- STORED DATA -
-- ===== src/Memory/Heap/Expand.antt =====
-- `expand_heap` and `init_heap`, kernel/src/memory/heap.cpp, on the list of segments.
use lensor_os.Prelude.{
  ℕ, ◌+◌, ◌-◌, ◌/◌, ◌≡◌, ◌∙◌, refl, sym, subst, ◌≤◌, ◌<◌, true, none, some, List, [], ◌∷◌, ◌++◌,
  arith, append_assoc, Option, if◌then◌else◌, Option-cases, Bool-cases, inl, inr,
}
use lensor_os.Prelude.Words.{u64_mod, add64, sub64}
use lensor_os.Memory.Physical.{page_size}
use lensor_os.Memory.Paging.{PageTables}
use lensor_os.Memory.Heap.Granted.{grants, map_rounds-Mapped, expansion_requests}
use lensor_os.Memory.Heap.{
  Heap, heap_virtual_base, header_size, map_rounds, init_heap, set_next, append_segment, expansion,
  expand_heap, combine_backward, combine_forward, absorb, set_last, is_last,
}
use lensor_os.Memory.Heap.Chain.{Segment, after, past, cut, frame, join, past-append, final-append}
use lensor_os.Memory.Heap.Sound.{Sound, place, header_lem, extent}
use lensor_os.Memory.Heap.Combine.{absorb_into, combine_backward-Sound}

-- The page tables concern no header.
with_tables :
    (t : PageTables) (h : Heap) (segs : List Segment)
    → Sound h segs
    → Sound (record h { tables = t }) segs
with_tables t h segs v = record {
  start = v.start;
  populated = v.populated;
  small = v.small;
  chain = v.chain;
  last = v.last;
  ends = v.ends;
}

-- A change of headers keeps the page tables and the page maps.
record KeepsTables (h h' : Heap) : Type 0 where
  tables : h'.tables ≡ h.tables
  maps : h'.page_maps ≡ h.page_maps

kept : (h : Heap) → KeepsTables h h
kept h = record { tables = refl; maps = refl }

set_last-KeepsTables : (o : Option ℕ) (last : ℕ) (h : Heap) → KeepsTables h (set_last o last h)
unfolding set_last
set_last-KeepsTables none last h = kept h
set_last-KeepsTables (some p) last h = record { tables = refl; maps = refl }

absorb-KeepsTables : (this next : ℕ) (h : Heap) → KeepsTables h (absorb this next h)
unfolding absorb
absorb-KeepsTables this next h =
    let k =
      set_last-KeepsTables (h.headers next).next this
        (record h { last_header = if is_last next h then some this else h.last_header }) in
    record { tables = k.tables; maps = k.maps }

combine_forward-KeepsTables : (this : ℕ) (h : Heap) → KeepsTables h (combine_forward this h)
unfolding combine_forward
combine_forward-KeepsTables this h = elim (Option-cases (h.headers this).next) [
  | inl e ↦ rw (combine_forward, e) (kept h)
  | inr (next, e) ↦ elim (Bool-cases (h.headers next).free) [
    | inl free ↦ rw (combine_forward, e, free) (absorb-KeepsTables this next h)
    | inr used ↦ rw (combine_forward, e, used) (kept h)
  ]
]

combine_backward-KeepsTables : (this : ℕ) (h : Heap) → KeepsTables h (combine_backward this h)
unfolding combine_backward
combine_backward-KeepsTables this h = elim (Option-cases (h.headers this).last) [
  | inl e ↦ rw (combine_backward, e) (kept h)
  | inr (last, e) ↦ elim (Bool-cases (h.headers last).free) [
    | inl free ↦ rw (combine_backward, e, free) (combine_forward-KeepsTables last h)
    | inr used ↦ rw (combine_backward, e, used) (kept h)
  ]
]

append_segment-KeepsTables : (bytes : ℕ) (h : Heap) → KeepsTables h (append_segment bytes h)
unfolding append_segment set_next
append_segment-KeepsTables bytes h = elim (Option-cases h.last_header) [
  | inl e ↦ rw (append_segment, e) (record { tables = refl; maps = refl })
  | inr (p, e) ↦ rw (append_segment, e) (record { tables = refl; maps = refl })
]

-- The segment that an expansion by a number of bytes appends.
abbrev pub extension : ℕ → Segment
extension bytes = record { length = bytes - header_size; free = true }

append_segment-Sound :
    (bytes : ℕ) (h : Heap) (xs : List Segment) (s : Segment)
    → header_size ≤ bytes
    → h.heap_end + bytes < u64_mod
    → Sound h (xs ++ (s ∷ []))
    → Sound (append_segment bytes h) (xs ++ (s ∷ extension bytes ∷ []))
unfolding append_segment set_next
append_segment-Sound bytes h xs s wide fits v =
    let a = place xs in
    let e : h.last_header ≡ some a = v.last ∙ final-append none heap_virtual_base xs (s ∷ []) in
    let k = header_lem h xs s [] v in
    let ext : h.heap_end ≡ after a s = sym (extent h xs s [] v) in
    let size : sub64 bytes header_size ≡ bytes - header_size = omega arith in
    let sum : add64 (after a s) bytes ≡ after a s + bytes = omega (arith, ext) in
    let (front, _) = cut h.headers none heap_virtual_base xs (s ∷ []) none v.chain in
    rw (append_segment, e, set_next, k, ext, size, sum)
      (record {
        start = v.start;
        populated = omega (arith, v.populated, ext);
        small = omega (arith, ext);
        chain =
            join _ none heap_virtual_base xs (s ∷ extension bytes ∷ []) none
              (frame h.headers _ none heap_virtual_base xs (some a) front (λ b l u. ground arith))
              (ground arith, (ground arith, tt));
        last = sym (final-append none heap_virtual_base xs (s ∷ extension bytes ∷ []));
        ends = sym (past-append heap_virtual_base xs (s ∷ extension bytes ∷ []) ∙ omega arith);
      })

-- What an expansion makes of the segments: the last one takes the new bytes if it is free.
abbrev pub grow : ℕ → List Segment → List Segment
grow bytes [] = []
grow bytes (s ∷ []) = absorb_into s (extension bytes) []
grow bytes (s ∷ t ∷ rest) = s ∷ grow bytes (t ∷ rest)

pub past-grow :
    (bytes a : ℕ) (s : Segment) (rest : List Segment)
    → header_size ≤ bytes
    → past a (grow bytes (s ∷ rest)) ≡ past a (s ∷ rest) + bytes
past-grow bytes a s [] wide = ground arith
past-grow bytes a s (t ∷ rest) wide = past-grow bytes (after a s) t rest wide

-- What an expansion leaves: a heap laid out as the list is then, and what is granted further.
pub record Expanded (k : ℕ) (h : Heap) (segs : List Segment) (o : Option Heap) : Type 0 where
  pub heap : Heap
  pub done : o ≡ some heap
  pub sound : Sound heap segs
  pub left : grants k heap.tables.physical ≡ true
  pub maps : heap.page_maps ≡ h.page_maps

expand_heap_step :
    (n : ℕ) (h mapped : Heap)
    → map_rounds (expansion n / page_size) 0 h.heap_end h ≡ some mapped
    → expand_heap n h ≡ some (combine_backward h.heap_end (append_segment (expansion n) mapped))
unfolding expand_heap
expand_heap_step n h mapped e = rw (expand_heap, e) refl

expand_last :
    (n k : ℕ) (h : Heap) (xs : List Segment) (s : Segment)
    → grants (expansion_requests n h + k) h.tables.physical ≡ true
    → header_size ≤ expansion n
    → h.heap_end + expansion n < u64_mod
    → Sound h (xs ++ (s ∷ []))
    → Expanded k h (xs ++ absorb_into s (extension (expansion n)) []) (expand_heap n h)
expand_last n k h xs s g wide fits v =
    let m = map_rounds-Mapped (expansion n / page_size) 0 h.heap_end k h g in
    let mapped : Heap = record h { tables = m.tables } in
    let appended = append_segment (expansion n) mapped in
    let a = append_segment-KeepsTables (expansion n) mapped in
    let c = combine_backward-KeepsTables h.heap_end appended in
    record {
      heap = combine_backward h.heap_end appended;
      done = expand_heap_step n h mapped m.mapped;
      sound =
          subst
            (λ (b : ℕ).
              Sound (combine_backward b appended)
                (xs ++ absorb_into s (extension (expansion n)) []))
            (extent h xs s [] v)
            (combine_backward-Sound appended xs s (extension (expansion n)) [] (
              append_segment-Sound (expansion n) mapped xs s wide fits
                (with_tables m.tables h _ v)));
      left = subst (λ u. grants k u.physical ≡ true) (sym (c.tables ∙ a.tables)) m.left;
      maps = c.maps ∙ a.maps;
    }

pub expand_heap-Expanded :
    (n k : ℕ) (h : Heap) (xs : List Segment) (s : Segment) (ys : List Segment)
    → grants (expansion_requests n h + k) h.tables.physical ≡ true
    → header_size ≤ expansion n
    → h.heap_end + expansion n < u64_mod
    → Sound h (xs ++ (s ∷ ys))
    → Expanded k h (xs ++ grow (expansion n) (s ∷ ys)) (expand_heap n h)
expand_heap-Expanded n k h xs s [] g wide fits v = expand_last n k h xs s g wide fits v
expand_heap-Expanded n k h xs s (y ∷ ys) g wide fits v =
    let v' = rw (sym (append_assoc xs (s ∷ []) (y ∷ ys))) at v in
    let later = expand_heap-Expanded n k h (xs ++ (s ∷ [])) y ys g wide fits v' in
    subst (λ segs. Expanded k h segs (expand_heap n h))
      (append_assoc xs (s ∷ []) (grow (expansion n) (y ∷ ys))) later

-- The heap that `init_heap` makes is one free segment.
pub init_heap-Sound : (h : Heap) → Sound (init_heap h) (record { length = 4064; free = true } ∷ [])
unfolding init_heap
init_heap-Sound h = record {
  start = refl;
  populated = ground arith;
  small = ground arith;
  chain = (ground arith, tt);
  last = refl;
  ends = refl;
}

- WHAT IS EXPECTED -
Where a line of the material above holds the string "then", copy that line.

- EXERCISE RESULT -
  arith, append_assoc, Option, if◌then◌else◌, Option-cases, Bool-cases, inl, inr,
        (record h { last_header = if is_last next h then some this else h.last_header }) in
-- What an expansion leaves: a heap laid out as the list is then, and what is granted further.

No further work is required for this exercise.